By any definition, energy is used whenever work is performed by the body for any task, or reason. The action can be voluntary, such as walking, sitting, and working. It can also be involuntary, such as breathing, digestion, circulating the blood, maintaining muscle tone, transmitting nerve impulses, protecting our cells -- and our bodies -- from toxins and free-radical onslaught, or transporting nutrients across cell membranes.
How do you define energy?
That's the real question. Do you define it in terms of achieving your daily physical goals? In terms of how you feel after you run up the stairs to grab the phone? Or how you feel after racing to catch that bus? How about in terms of how you feel at work? After a long day at the office, or with the children? After cleaning the oven? After playing with your puppy?
These are examples of what energy is to most of us -- energy applied to our hour-to-hour activities and our day-to-day lives. Now, while exercising responsibly, and regularly, is crucial in helping us have more energy, without optimal nutrition, the marathon runner will crash-and-burn along with the "couch potato."

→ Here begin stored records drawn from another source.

-- ===== src/Approvals.antt =====
-- apps/runtime/citadel/services/approval_service.py: when a human must approve, and the queue of
-- pending approvals.
pub mod Requirement
pub mod Queue
pub mod Pending
use ledger_sdk.Prelude.{
  ℕ, ◌+◌, ◌*◌, String, ℤ, pos, Bool, true, false, ◌&&◌, ◌||◌, Option, none, some, List, [], ◌∷◌,
  ◌==◌, ltb, ltb_ℤ, or_else, str_or, opt_eq, find_by, update_where, count_where, show_ℤ,
  if◌then◌else◌, ◌<>◌,
}
use ledger_sdk.Exec.{Exec, Result, ok, raised, exn, value_error, pure, raise, lift, ◌>>=◌, ◌>>◌}
use ledger_sdk.Actions.{Action, KernelStatus, allowed, rejected_approval, expired_approval}
use ledger_sdk.PolicyRules.{Rule}
use ledger_sdk.Db.{App, Env, World, set_db, ApprovalRow}
use ledger_sdk.Repository.{create_approval, get_approval, get_pending_approvals}
use ledger_sdk.PolicyResolver.{PolicySnapshot, get_rules}

pub record ApprovalCheck : Type 0 where
  pub required : Bool
  pub priority : String
  pub reason : String
  pub expires_hours : ℕ
  pub risk_level : Option String

pub record ApprovalResult : Type 0 where
  pub approval_id : String
  pub status : String
  pub reviewed_by : Option String
  pub reason : Option String

-- The test on one rule: whether the rule matches the action is not asked.
abbrev pub asks_approval : Rule → Bool
asks_approval r = or_else r.requires_approval false || opt_eq r.effect (some "PENDING_APPROVAL")

abbrev pub by_rule : Rule → ApprovalCheck
by_rule r = record {
  required = true;
  priority = or_else r.approval_priority "high";
  reason = or_else r.reason "Approval required by policy";
  expires_hours = or_else r.approval_expiry_hours 24;
  risk_level = none;
}

abbrev pub asking_rule : Option PolicySnapshot → Option Rule
asking_rule none = none
asking_rule (some s) = find_by asks_approval (get_rules s)

-- `risk_score and risk_score > 70`
abbrev pub is_high : Option ℤ → Bool
is_high none = false
is_high (some n) = ltb_ℤ (pos 70) n

unfoldable pub risk_check : Option String → Option ℤ → ApprovalCheck
unfolding show_ℤ
risk_check level score =
    if is_high score
    then record {
      required = true;
      priority = "high";
      reason = "High risk action (score: " <> show_ℤ (or_else score (pos 0)) <> ")";
      expires_hours = 12;
      risk_level = none;
    }
    else if opt_eq level (some "critical")
    then record {
      required = true;
      priority = "critical";
      reason = "Critical risk action";
      expires_hours = 4;
      risk_level = none;
    }
    else record {
      required = false;
      priority = "low";
      reason = "No approval required";
      expires_hours = 24;
      risk_level = none;
    }

unfoldable pub check_required :
    Action → Option PolicySnapshot → Option String → Option ℤ → ApprovalCheck
unfolding risk_check
check_required action snapshot level score = elim (asking_rule snapshot) [
  | some r ↦ by_rule r
  | none ↦ risk_check level score
]

-- Instants are in microseconds.
abbrev pub hour : ℕ
hour = 3_600_000_000

unfoldable pub create_pending : Env → Action → ApprovalCheck → App String
create_pending env action check =
    create_approval env action.action_id check.priority check.reason action.actor_id
      (env.now + check.expires_hours * hour) action.tenant_id

abbrev pub pending_row : String → ApprovalRow → Bool
pending_row id ap = ap.approval_id == id && ap.status == "pending"

abbrev pub decided : Env → String → String → String → ApprovalRow → ApprovalRow
decided env reviewer decision reason ap = record ap {
  status = decision;
  reviewed_by = some reviewer;
  decided_at = some env.now;
  decision_reason = some reason;
}

-- Why no row was updated: the approval does not exist, or is no longer pending.
refused : String → Option ApprovalRow → App ApprovalResult
refused id none = raise value_error ("Approval " <> id <> " not found")
refused id (some ap) = raise value_error ("Approval already " <> ap.status)

-- `resolve_approval`: one UPDATE of the row that is still pending.
unfoldable pub resolve_approval :
    Env → String → String → String → Option String → App ApprovalResult
unfolding refused
resolve_approval env id reviewer decision reason w =
    let why = str_or reason ("Decision: " <> decision) in
    elim (find_by (pending_row id) w.db.approvals) [
      | some ap ↦ (
        ok (record {
          approval_id = id;
          status = decision;
          reviewed_by = some reviewer;
          reason = some why;
        }),
        record w {
          db = record w.db {
            approvals =
                update_where (pending_row id) (decided env reviewer decision why) w.db.approvals;
          };
        },
      )
      | none ↦ (get_approval id none >>= refused id) w
    ]

unfoldable pub approve : Env → String → String → Option String → App ApprovalResult
unfolding resolve_approval
approve env id reviewer reason = resolve_approval env id reviewer "approved" reason

unfoldable pub reject : Env → String → String → String → App ApprovalResult
unfolding resolve_approval
reject env id reviewer reason = resolve_approval env id reviewer "rejected" (some reason)

abbrev pub past_expiry : Env → ApprovalRow → Bool
past_expiry env ap = ap.status == "pending" && ltb ap.expires_at env.now

unfoldable pub check_expired : Env → String → App Bool
check_expired env id = do
  ap ← get_approval id none
  pure (elim ap [ none ↦ false | some row ↦ past_expiry env row ])

abbrev pub expire : ApprovalRow → ApprovalRow
expire ap = record ap { status = "expired" }

-- `process_expirations`; the count that the driver reports is the number of rows updated.
unfoldable pub process_expirations : Env → App ℕ
process_expirations env w = (
  ok (count_where (past_expiry env) w.db.approvals),
  record w {
    db = record w.db { approvals = update_where (past_expiry env) expire w.db.approvals };
  },
)

unfoldable pub get_pending_queue : ℕ → Option String → App (List ApprovalRow)
get_pending_queue limit tid = get_pending_approvals limit tid

unfoldable pub resolve_approval_to_decision : ApprovalResult → Result KernelStatus
resolve_approval_to_decision r =
    if r.status == "approved"
    then ok allowed
    else if r.status == "rejected"
    then ok rejected_approval
    else if r.status == "expired"
    then ok expired_approval
    else raised (exn value_error ("Unknown approval status: " <> r.status))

One way to approach nutritional delivery for maximal energy availability is through supplementation.
Some key energy supplements
Carnitine.
Recent books recommend taking carnitine for generating greater energy -- particularly Robert Crayhon's The Carnitine Miracle (1998).
According to Crayhon, "Carnitine is, without a doubt, the most important nutrient for increasing energy levels, naturally." L-carnitine, or 3-hydroxy-4-N-trimethyl-amino butyric acid, is related to choline and is a kissing cousin of the amino acids.
Initially, L-carnitine was given B-vitamin status because it contains nitrogen and is very soluble in water -- two tip-offs that something could be a "B." Like choline, taurine, and inositol, carnitine truly belongs to a group of food factors best described as "vitamin-like nutrients."
The primary function of carnitine in the body is to facilitate the burning of fats for energy. In addition to helping the heart, carnitine is popular with people who exercise -- even those who only exercise once a week. It enhances aerobic capacity and endurance (allowing us to exercise longer, and harder, with less fatigue).
L-carnitine also helps those who are trying to lose weight, those who are on low-carbohydrate diets, those who are strict vegans, those who are "always tired," those with chronic fatigue syndrome (CFS), and those with AIDS who are taking the drug AZT (idovudine) -- since AZT depletes carnitine levels, causing an energy crisis at the cellular level.
Many other supplements -- vitamins, minerals, and food sources -- can rev up a person's energy: CoQ10, NADH, alpha-lipoic acid and other antioxidants, B-complex vitamins, royal jelly, wheat germ, brewer's yeast, iron, magnesium, potassium, and malic acid.
CoQ10.
An essential part of mitochondria (the energy-producing units in cells), coenzyme Q10 (CoQ10) is another "vitamin-like" compound which, in activity, resembles that of vitamin E.
According to James F. Balch, M.D., and Phyllis A. Balch, C.N.C., in their 1997 book, Prescription for Nutritional Healing, CoQ10 "plays a critical role in the production of energy in every cell in the body. It boosts up the immune system, aids circulation, and increases the levels of oxygen in body tissues."
NADH.
Nicotinamide adenine dinucleotide H (high-energy hydrogen), or NADH, was first discovered in 1905, in yeast, and was originally called "cozymase" and, later, coenzyme 1.
In his 1998 book, NADH: The Energizing Coenzyme, Georg Birkmayer, M.D., Ph.D., explains that, when NADH reacts with oxygen in the body, a cascade of reactions yields water and energy. The energy is stored in the form of the chemical structure, adenosine triphosphate, or ATP.